[Collected data]
● ● ● ● ●

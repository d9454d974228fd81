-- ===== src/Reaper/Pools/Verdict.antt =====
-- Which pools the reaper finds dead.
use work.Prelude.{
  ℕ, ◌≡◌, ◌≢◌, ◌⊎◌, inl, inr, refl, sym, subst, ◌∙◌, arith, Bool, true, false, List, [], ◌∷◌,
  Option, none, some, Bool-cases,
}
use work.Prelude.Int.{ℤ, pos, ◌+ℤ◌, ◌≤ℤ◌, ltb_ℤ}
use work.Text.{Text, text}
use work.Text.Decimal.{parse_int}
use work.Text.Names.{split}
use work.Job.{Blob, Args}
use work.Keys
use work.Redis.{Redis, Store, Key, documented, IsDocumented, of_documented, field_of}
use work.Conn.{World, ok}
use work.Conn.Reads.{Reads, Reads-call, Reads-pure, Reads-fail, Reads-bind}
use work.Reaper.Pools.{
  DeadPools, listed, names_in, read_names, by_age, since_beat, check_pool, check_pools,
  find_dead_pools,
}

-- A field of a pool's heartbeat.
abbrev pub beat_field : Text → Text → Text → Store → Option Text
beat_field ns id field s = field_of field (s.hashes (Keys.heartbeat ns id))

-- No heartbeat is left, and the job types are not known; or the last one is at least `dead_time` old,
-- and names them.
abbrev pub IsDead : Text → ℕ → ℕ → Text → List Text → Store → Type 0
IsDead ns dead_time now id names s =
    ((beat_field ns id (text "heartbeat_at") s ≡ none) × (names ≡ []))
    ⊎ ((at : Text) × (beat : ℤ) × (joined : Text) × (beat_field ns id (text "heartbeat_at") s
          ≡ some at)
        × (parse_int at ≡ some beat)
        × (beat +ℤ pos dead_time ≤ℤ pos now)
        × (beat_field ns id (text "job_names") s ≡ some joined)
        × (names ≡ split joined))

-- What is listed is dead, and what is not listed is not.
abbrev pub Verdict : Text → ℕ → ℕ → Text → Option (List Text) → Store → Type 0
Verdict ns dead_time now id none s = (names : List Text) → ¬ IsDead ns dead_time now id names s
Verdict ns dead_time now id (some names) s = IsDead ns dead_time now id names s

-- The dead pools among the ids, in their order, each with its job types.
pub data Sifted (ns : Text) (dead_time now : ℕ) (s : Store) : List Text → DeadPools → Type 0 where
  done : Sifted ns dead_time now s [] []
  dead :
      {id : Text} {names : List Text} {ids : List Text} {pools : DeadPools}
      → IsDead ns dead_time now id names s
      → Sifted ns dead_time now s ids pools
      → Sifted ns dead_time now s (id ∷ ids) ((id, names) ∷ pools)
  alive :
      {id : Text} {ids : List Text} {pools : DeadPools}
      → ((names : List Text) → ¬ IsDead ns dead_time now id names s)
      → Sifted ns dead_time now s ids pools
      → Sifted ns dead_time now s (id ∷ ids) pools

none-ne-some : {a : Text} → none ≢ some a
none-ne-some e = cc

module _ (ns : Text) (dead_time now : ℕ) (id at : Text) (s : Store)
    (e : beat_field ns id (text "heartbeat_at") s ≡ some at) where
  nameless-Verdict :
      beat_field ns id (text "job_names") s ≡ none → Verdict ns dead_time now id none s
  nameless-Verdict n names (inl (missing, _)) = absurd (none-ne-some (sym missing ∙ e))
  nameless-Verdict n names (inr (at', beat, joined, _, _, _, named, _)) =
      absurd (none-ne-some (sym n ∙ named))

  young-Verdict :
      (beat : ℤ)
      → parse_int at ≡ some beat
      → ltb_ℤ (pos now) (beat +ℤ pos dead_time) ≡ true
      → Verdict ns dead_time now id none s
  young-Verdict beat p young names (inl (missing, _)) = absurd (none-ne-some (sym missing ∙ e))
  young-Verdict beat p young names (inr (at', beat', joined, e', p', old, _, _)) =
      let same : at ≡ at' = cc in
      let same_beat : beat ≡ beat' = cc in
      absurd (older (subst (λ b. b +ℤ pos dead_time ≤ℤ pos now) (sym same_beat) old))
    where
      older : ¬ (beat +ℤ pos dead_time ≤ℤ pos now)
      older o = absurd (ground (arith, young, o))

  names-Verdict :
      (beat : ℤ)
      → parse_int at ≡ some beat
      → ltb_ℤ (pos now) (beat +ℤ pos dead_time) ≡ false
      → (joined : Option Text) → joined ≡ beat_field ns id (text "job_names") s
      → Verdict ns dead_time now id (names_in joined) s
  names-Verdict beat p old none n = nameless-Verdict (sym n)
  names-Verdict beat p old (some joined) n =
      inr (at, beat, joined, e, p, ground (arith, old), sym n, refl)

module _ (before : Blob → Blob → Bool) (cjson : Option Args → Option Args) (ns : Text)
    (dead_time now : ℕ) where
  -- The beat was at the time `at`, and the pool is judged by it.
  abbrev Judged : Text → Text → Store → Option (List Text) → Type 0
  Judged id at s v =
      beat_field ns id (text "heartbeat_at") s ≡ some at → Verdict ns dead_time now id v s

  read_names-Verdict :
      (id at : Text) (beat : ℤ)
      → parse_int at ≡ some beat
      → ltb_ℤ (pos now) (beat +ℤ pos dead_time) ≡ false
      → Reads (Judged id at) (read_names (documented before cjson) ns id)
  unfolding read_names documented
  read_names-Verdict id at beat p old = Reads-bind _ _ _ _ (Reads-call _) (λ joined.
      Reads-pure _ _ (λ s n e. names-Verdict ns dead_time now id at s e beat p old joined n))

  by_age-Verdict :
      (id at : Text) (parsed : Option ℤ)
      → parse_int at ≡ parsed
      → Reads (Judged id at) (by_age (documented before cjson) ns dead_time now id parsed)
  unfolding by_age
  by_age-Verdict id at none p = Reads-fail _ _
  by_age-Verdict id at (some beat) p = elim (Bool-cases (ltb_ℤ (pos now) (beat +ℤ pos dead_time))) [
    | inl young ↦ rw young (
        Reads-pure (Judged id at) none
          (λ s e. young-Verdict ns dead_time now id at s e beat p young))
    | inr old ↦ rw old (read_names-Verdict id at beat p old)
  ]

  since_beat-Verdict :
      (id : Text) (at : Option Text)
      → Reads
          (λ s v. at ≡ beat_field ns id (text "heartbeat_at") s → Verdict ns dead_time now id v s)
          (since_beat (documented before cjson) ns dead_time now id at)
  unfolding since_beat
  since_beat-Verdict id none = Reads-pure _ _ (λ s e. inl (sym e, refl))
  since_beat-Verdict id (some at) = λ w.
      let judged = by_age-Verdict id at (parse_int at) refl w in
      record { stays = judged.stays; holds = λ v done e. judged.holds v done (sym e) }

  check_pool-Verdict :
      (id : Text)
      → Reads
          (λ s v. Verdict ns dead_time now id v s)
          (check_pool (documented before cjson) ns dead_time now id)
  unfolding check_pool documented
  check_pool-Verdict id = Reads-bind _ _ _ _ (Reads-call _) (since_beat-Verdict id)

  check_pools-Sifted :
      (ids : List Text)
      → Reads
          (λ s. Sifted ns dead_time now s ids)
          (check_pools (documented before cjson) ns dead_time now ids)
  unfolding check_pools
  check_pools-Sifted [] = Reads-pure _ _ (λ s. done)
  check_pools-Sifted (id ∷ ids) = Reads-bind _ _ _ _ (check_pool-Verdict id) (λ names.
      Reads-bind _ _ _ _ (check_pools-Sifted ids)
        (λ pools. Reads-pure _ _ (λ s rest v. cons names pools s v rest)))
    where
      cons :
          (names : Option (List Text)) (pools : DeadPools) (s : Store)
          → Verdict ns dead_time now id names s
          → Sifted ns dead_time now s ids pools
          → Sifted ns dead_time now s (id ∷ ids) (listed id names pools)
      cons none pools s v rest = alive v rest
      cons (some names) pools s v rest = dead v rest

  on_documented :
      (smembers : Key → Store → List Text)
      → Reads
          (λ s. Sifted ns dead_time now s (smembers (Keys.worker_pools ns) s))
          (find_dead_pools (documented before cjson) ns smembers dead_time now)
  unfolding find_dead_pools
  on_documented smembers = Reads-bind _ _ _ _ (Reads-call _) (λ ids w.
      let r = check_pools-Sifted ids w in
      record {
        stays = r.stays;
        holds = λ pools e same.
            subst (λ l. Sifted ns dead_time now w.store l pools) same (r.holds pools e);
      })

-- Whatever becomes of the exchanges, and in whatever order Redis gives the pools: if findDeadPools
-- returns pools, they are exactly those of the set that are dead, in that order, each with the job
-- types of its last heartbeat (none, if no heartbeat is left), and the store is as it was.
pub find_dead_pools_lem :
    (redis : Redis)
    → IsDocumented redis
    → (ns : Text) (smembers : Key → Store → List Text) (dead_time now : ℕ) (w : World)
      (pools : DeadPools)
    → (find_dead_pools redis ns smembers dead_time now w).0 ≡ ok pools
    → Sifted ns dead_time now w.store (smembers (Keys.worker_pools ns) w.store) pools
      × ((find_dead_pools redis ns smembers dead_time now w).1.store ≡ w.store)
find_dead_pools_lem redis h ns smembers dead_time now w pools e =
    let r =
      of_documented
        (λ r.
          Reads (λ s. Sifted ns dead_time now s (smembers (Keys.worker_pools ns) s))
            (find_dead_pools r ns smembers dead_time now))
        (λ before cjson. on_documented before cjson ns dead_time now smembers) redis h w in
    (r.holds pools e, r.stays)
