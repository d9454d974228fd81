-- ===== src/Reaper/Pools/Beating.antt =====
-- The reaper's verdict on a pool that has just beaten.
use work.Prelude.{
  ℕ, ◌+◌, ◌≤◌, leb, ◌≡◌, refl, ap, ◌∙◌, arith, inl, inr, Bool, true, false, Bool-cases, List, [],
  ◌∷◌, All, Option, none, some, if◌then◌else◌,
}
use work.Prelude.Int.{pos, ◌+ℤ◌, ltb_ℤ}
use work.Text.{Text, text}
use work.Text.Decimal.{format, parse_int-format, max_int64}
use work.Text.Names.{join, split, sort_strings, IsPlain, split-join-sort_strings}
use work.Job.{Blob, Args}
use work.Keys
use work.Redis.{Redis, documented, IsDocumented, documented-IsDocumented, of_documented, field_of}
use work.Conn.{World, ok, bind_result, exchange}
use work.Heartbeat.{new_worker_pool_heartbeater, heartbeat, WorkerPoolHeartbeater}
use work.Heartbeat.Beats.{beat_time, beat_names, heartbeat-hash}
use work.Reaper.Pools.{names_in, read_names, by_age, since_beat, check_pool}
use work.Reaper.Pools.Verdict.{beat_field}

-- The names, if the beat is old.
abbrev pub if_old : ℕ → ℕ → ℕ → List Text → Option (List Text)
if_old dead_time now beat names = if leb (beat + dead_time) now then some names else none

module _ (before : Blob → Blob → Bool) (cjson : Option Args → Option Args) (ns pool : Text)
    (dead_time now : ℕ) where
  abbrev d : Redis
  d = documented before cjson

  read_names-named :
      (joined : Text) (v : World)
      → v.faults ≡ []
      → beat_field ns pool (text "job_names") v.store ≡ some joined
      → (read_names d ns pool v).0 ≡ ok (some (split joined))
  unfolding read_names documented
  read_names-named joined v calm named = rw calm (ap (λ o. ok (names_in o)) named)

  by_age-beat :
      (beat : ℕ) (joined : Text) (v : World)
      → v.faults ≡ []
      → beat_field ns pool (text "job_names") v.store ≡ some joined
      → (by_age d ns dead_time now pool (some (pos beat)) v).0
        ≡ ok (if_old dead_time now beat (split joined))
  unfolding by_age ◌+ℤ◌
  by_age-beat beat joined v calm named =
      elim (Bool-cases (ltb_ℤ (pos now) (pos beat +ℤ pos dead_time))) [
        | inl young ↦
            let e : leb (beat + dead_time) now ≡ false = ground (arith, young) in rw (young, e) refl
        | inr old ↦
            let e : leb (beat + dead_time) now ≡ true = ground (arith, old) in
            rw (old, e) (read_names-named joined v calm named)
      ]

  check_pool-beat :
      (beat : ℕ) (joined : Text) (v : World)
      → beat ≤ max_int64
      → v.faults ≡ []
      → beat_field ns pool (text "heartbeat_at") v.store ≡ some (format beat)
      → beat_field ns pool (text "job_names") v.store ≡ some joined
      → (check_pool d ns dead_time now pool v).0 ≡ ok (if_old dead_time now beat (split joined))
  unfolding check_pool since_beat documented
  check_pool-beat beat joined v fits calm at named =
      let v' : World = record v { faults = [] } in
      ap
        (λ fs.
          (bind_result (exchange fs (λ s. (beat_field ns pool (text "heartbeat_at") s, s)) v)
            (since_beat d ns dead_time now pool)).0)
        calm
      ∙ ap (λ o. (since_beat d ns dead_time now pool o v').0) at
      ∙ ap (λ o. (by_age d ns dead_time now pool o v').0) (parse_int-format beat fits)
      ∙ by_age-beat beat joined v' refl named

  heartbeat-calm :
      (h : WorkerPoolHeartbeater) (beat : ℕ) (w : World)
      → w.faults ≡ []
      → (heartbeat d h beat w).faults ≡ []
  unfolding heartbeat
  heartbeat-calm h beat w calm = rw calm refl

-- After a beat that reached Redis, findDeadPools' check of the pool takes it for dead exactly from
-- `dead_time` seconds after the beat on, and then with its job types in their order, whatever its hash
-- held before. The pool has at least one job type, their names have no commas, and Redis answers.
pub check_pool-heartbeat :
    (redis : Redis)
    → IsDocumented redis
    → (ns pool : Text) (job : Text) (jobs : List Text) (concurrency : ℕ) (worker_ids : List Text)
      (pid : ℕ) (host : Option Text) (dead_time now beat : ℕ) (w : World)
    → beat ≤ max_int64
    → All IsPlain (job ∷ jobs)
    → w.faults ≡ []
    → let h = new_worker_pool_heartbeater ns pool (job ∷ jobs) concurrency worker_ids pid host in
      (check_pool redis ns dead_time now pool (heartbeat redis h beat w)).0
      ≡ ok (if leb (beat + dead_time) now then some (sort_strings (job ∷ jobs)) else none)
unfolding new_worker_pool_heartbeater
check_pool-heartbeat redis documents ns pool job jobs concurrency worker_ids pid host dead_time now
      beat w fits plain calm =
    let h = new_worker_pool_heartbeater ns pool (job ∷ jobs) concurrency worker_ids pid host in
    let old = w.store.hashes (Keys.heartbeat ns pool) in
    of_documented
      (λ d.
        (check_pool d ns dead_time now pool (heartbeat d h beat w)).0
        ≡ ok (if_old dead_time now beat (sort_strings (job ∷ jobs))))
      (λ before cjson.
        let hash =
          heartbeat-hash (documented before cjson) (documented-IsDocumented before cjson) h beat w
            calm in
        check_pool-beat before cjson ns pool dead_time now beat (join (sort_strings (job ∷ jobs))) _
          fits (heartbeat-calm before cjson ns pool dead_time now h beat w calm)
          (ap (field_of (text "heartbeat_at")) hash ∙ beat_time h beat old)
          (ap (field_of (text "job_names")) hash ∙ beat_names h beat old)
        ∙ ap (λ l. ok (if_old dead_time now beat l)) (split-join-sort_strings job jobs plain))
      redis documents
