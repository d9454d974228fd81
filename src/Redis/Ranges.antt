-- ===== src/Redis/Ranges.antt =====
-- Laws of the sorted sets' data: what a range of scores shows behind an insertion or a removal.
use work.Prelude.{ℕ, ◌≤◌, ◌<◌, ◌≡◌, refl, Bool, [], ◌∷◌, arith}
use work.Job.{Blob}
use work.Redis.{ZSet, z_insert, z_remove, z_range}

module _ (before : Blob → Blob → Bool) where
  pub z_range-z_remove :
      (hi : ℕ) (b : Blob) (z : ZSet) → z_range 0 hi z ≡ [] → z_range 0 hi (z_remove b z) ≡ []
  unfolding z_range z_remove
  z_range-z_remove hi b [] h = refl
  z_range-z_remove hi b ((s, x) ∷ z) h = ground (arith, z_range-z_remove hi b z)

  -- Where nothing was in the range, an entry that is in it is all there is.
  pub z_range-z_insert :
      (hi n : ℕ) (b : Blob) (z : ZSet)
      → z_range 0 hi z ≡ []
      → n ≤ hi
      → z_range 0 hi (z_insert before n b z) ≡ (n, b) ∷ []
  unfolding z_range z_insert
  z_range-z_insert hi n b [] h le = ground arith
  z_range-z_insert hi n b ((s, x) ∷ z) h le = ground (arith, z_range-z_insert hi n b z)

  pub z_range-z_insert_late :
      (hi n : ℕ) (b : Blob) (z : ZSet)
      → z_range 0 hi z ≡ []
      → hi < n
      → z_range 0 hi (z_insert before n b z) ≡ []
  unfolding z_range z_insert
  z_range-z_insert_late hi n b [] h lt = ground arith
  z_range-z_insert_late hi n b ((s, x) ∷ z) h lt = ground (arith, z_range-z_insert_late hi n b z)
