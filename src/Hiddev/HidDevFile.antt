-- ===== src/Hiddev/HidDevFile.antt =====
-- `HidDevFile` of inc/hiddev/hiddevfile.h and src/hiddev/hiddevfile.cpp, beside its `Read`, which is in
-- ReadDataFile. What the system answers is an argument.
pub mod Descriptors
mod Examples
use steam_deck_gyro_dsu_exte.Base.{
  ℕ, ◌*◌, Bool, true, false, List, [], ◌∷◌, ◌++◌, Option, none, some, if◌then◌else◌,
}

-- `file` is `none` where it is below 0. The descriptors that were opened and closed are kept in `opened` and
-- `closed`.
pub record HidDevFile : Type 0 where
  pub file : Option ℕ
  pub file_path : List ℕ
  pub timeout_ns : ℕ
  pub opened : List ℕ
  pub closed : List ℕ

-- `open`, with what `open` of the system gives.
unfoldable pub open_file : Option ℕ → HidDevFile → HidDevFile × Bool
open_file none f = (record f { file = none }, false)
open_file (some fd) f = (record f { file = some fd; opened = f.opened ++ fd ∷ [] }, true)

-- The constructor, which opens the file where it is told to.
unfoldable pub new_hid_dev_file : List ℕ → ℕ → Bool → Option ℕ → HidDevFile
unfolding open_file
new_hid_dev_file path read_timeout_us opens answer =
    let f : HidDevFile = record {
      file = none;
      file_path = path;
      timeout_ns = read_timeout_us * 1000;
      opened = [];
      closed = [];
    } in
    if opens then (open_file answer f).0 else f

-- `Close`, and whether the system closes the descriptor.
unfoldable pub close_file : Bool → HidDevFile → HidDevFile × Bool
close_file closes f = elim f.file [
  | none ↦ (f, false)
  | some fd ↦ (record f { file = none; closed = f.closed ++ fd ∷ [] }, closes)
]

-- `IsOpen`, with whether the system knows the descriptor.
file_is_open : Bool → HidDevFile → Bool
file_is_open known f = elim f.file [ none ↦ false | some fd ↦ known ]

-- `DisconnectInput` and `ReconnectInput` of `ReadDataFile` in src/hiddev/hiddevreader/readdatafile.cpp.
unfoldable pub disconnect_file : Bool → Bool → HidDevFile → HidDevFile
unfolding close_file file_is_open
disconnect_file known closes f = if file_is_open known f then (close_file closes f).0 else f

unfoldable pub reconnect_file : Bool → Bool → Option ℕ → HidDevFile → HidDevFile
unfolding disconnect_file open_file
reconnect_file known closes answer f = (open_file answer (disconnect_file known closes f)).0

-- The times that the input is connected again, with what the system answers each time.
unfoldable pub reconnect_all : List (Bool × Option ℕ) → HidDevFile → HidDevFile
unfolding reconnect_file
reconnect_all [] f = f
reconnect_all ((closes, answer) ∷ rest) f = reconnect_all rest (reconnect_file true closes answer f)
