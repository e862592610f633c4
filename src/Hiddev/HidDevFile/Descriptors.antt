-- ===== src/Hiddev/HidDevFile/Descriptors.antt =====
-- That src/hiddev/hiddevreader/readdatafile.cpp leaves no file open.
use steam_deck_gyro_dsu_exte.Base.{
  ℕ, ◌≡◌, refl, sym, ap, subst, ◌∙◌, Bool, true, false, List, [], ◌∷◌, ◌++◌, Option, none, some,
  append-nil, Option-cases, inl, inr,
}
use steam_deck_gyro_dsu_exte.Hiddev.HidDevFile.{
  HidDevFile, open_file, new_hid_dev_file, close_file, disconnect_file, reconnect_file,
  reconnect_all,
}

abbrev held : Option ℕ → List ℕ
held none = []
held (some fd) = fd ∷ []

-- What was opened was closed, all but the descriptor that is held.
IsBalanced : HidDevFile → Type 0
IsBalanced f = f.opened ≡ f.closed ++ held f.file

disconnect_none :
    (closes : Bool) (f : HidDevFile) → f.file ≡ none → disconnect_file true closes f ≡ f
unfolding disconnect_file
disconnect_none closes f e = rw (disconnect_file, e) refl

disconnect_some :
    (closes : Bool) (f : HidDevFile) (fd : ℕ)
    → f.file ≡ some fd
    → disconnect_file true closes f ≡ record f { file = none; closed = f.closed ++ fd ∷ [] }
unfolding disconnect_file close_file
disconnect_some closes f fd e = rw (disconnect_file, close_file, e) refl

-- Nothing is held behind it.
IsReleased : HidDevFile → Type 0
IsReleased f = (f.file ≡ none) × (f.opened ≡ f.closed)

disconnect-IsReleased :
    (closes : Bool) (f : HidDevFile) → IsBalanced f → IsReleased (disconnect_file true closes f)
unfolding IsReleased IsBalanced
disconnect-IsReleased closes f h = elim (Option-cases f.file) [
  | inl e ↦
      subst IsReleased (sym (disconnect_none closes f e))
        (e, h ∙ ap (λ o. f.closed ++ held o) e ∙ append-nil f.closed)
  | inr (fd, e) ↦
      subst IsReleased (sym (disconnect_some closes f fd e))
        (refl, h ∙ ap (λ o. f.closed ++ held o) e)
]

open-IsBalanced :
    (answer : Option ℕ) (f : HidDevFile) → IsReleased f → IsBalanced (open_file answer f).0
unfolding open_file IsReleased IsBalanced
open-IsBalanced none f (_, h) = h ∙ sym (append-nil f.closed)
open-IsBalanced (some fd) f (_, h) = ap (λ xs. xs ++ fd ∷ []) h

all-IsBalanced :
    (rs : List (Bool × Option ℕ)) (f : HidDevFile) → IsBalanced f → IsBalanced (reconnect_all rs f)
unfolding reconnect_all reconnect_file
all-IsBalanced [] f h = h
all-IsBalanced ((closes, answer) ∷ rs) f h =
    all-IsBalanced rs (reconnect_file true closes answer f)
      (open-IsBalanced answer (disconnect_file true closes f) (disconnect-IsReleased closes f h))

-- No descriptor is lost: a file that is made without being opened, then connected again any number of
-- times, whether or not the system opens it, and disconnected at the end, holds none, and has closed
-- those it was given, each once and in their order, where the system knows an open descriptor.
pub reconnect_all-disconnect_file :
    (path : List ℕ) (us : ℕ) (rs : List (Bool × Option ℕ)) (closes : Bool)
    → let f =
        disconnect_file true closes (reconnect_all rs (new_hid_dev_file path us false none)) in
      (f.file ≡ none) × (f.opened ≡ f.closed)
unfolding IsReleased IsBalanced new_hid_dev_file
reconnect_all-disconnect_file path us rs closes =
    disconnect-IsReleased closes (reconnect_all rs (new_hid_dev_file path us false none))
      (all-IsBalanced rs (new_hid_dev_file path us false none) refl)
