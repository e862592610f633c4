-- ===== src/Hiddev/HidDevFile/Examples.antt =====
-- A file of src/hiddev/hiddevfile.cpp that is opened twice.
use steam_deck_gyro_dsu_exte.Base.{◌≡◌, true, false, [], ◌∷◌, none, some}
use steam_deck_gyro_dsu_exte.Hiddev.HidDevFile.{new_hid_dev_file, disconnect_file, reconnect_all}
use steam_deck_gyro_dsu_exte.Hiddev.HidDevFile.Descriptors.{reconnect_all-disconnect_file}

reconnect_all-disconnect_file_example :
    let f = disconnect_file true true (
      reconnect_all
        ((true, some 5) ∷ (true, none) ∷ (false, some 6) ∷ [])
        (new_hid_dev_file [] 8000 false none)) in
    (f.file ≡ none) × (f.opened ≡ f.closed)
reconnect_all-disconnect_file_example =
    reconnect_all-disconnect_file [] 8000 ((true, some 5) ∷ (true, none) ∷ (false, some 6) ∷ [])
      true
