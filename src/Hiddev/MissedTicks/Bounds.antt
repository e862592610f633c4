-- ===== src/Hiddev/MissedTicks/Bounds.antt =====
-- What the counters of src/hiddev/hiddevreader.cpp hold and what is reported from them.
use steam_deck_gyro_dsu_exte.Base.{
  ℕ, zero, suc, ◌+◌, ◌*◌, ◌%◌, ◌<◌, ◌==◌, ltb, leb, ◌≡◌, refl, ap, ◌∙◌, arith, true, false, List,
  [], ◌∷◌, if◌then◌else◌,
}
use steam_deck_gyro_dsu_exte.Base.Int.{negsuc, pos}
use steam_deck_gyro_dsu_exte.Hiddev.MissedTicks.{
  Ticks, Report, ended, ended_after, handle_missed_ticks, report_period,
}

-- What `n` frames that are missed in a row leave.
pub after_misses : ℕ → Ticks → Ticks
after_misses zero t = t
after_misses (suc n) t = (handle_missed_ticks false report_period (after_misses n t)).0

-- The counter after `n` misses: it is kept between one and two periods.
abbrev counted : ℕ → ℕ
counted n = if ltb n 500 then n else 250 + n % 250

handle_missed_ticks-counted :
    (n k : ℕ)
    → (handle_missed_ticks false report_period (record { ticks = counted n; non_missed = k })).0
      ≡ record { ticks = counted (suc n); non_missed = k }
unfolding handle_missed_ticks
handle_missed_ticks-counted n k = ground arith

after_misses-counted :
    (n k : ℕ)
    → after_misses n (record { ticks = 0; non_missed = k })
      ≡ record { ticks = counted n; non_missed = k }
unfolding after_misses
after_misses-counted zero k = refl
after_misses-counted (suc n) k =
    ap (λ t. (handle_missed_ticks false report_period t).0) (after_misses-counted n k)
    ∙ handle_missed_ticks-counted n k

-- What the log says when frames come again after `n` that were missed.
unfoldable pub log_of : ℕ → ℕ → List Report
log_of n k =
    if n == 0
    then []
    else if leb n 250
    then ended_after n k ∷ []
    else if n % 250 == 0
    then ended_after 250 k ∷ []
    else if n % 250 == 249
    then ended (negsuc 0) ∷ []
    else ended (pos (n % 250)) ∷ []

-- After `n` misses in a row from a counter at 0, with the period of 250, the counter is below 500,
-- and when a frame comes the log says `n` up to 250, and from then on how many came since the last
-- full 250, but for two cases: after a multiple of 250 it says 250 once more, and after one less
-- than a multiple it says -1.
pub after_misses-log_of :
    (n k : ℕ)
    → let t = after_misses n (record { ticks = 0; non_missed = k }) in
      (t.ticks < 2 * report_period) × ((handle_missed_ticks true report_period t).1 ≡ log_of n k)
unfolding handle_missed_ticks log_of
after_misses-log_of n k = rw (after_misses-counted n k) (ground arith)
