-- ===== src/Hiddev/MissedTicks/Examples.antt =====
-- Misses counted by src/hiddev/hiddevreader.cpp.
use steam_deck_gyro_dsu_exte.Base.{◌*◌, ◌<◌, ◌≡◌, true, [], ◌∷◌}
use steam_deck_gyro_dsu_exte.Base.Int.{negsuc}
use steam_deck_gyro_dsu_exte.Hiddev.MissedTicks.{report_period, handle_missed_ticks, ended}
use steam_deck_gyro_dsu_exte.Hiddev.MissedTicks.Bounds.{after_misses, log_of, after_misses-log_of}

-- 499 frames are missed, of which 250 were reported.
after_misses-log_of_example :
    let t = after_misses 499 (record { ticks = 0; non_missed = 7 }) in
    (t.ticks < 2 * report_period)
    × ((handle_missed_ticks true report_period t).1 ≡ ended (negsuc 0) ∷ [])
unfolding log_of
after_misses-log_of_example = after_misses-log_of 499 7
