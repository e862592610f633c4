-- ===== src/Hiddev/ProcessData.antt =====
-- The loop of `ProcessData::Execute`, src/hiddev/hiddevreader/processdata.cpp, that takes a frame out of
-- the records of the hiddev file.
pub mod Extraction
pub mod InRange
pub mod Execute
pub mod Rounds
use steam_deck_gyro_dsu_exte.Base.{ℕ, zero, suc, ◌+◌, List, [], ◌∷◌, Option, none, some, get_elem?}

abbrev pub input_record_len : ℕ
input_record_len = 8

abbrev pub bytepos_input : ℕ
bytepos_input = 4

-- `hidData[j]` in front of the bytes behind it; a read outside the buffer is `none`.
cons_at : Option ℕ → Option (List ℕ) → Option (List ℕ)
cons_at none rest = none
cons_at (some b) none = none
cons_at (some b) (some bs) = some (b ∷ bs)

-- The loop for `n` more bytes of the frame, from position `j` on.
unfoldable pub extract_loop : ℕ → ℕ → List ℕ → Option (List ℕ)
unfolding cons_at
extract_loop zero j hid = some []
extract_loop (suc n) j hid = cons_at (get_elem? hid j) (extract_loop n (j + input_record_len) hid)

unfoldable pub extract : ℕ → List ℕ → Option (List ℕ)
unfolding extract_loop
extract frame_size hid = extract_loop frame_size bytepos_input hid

● ● ● ● ●

YOUR TASK>
Find every line of the data that includes the string "order". Copy each of those lines.

EXERCISE RESPONSE>
-- The dead pools among the ids, in their order, each with its job types.
-- Whatever becomes of the exchanges, and in whatever order Redis gives the pools: if findDeadPools
-- returns pools, they are exactly those of the set that are dead, in that order, each with the job
-- `dead_time` seconds after the beat on, and then with its job types in their order, whatever its hash
-- those it was given, each once and in their order, where the system knows an open descriptor.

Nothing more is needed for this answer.